• _WORK TASK_: Show each line of the data below that has the string "Router" in it.

• _MATERIAL SHOWN_:
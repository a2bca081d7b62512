-- ===== src/Frontend/Principals.antt =====
-- frontend/src/components/PrincipalAdmin.tsx: the validators of its forms and its texts. Its tabs, with the
-- handlers of frontend/src/routes/Principals.tsx, are the children.
pub mod Handlers
pub mod Groups
pub mod Roles
pub mod Users
pub mod Forms
use monok8s.Prelude.{
  ℕ, zero, suc, ◌-◌, ◌/◌, Bool, true, false, not, ◌&&◌, Option, none, some, List, [], ◌∷◌, ◌++◌,
  Text, lit, ◌==◌, is_blank, leb, length, ltb, nat_eq, trim, if◌then◌else◌,
}
use monok8s.Services.{CreatedAt, date, printed}
use monok8s.Auth.Roles.{TenantRole, PrincipalType, user, service_account}
use monok8s.Auth.Workflow.Uuid.{is_hex, dash}
use monok8s.Db.Ask.{decimal}
use monok8s.Api.Principals.Roles.{Principal}
use monok8s.Api.Router.{same_role}
use monok8s.Api.Router.Schemas.{CreateGroupInput}

-- `{ ok: true, value }` or `{ ok: false, error }`
pub data Validated {ℓ} (A : Type ℓ) : Type ℓ where
  valid : A → Validated A
  invalid : Text → Validated A

-- UUID_RE: what follows `n` hexadecimal digits, and a hyphen.
abbrev pub after_hex : ℕ → Option Text → Option Text
after_hex zero o = o
after_hex (suc n) none = none
after_hex (suc n) (some []) = none
after_hex (suc n) (some (c ∷ s)) =
    let rest = after_hex n (some s) in if is_hex c then rest else none

abbrev pub after_hyphen : Option Text → Option Text
after_hyphen none = none
after_hyphen (some []) = none
after_hyphen (some (c ∷ s)) = if nat_eq c dash then some s else none

abbrev pub at_end : Option Text → Bool
at_end none = false
at_end (some s) = is_blank s

unfoldable pub matches_uuid : Text → Bool
matches_uuid s = at_end (
    after_hex 12 (
      after_hyphen (
        after_hex 4 (
          after_hyphen
            (after_hex 4 (after_hyphen (after_hex 4 (after_hyphen (after_hex 8 (some s))))))))))

-- A parent that is blank is absent.
abbrev pub with_parent : Text → Text → Validated CreateGroupInput
with_parent name parent =
    if not (is_blank parent) && not (matches_uuid parent)
    then invalid (lit "Parent group ID must be a UUID (or empty)")
    else valid (record {
      name = name;
      parent_group_id = if is_blank parent then none else some (some parent);
    })

unfoldable pub validate_group_form : Text → Text → Validated CreateGroupInput
validate_group_form raw_name raw_parent =
    let name = trim raw_name in
    if ltb (length name) 1
    then invalid (lit "Name is required")
    else if ltb 128 (length name)
    then invalid (lit "Name must be ≤128 characters")
    else with_parent name (trim raw_parent)

unfoldable pub validate_member_user_id : Text → Validated Text
validate_member_user_id raw =
    let id = trim raw in
    if is_blank id
    then invalid (lit "User ID is required")
    else if not (matches_uuid id)
    then invalid (lit "User ID must be a UUID")
    else valid id

abbrev pub as_type : Text → Option PrincipalType
as_type raw =
    if raw == lit "user"
    then some user
    else if raw == lit "service_account"
    then some service_account
    else none

abbrev pub with_type : Text → Option PrincipalType → Validated Principal
with_type id none = invalid (lit "Principal type must be \"user\" or \"service_account\"")
with_type id (some type) = valid (record { id = id; type = type })

unfoldable pub validate_roles_form : Text → Text → Validated Principal
validate_roles_form raw_id raw_type =
    let id = trim raw_id in
    if is_blank id
    then invalid (lit "Principal ID is required")
    else if not (matches_uuid id)
    then invalid (lit "Principal ID must be a UUID")
    else with_type id (as_type raw_type)

unfoldable pub validate_change_role_form :
    TenantRole → TenantRole → Validated (TenantRole × TenantRole)
validate_change_role_form old_role new_role =
    if same_role old_role new_role
    then invalid (lit "oldRole and newRole must differ")
    else valid (old_role, new_role)

-- `toISOString` is an argument.
abbrev pub format_created_at : (ℕ → Text) → CreatedAt → Text
format_created_at to_iso (date ms) = to_iso ms
format_created_at to_iso (printed t) = t

-- Times in milliseconds; the difference of an event that lies ahead is 0.
abbrev pub age_of : ℕ → Text
age_of seconds =
    if ltb seconds 60
    then decimal seconds ++ lit "s ago"
    else if ltb (seconds / 60) 60
    then decimal (seconds / 60) ++ lit "m ago"
    else decimal (seconds / 60 / 60) ++ lit "h ago"

unfoldable pub format_live_age : Option ℕ → ℕ → Text
format_live_age none now = lit "Connecting…"
format_live_age (some last_event_at) now = age_of ((now - last_event_at) / 1000)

• _RESULT OF THIS TASK_:
use monok8s.Api.Router.{same_role}
use monok8s.Api.Router.Schemas.{CreateGroupInput}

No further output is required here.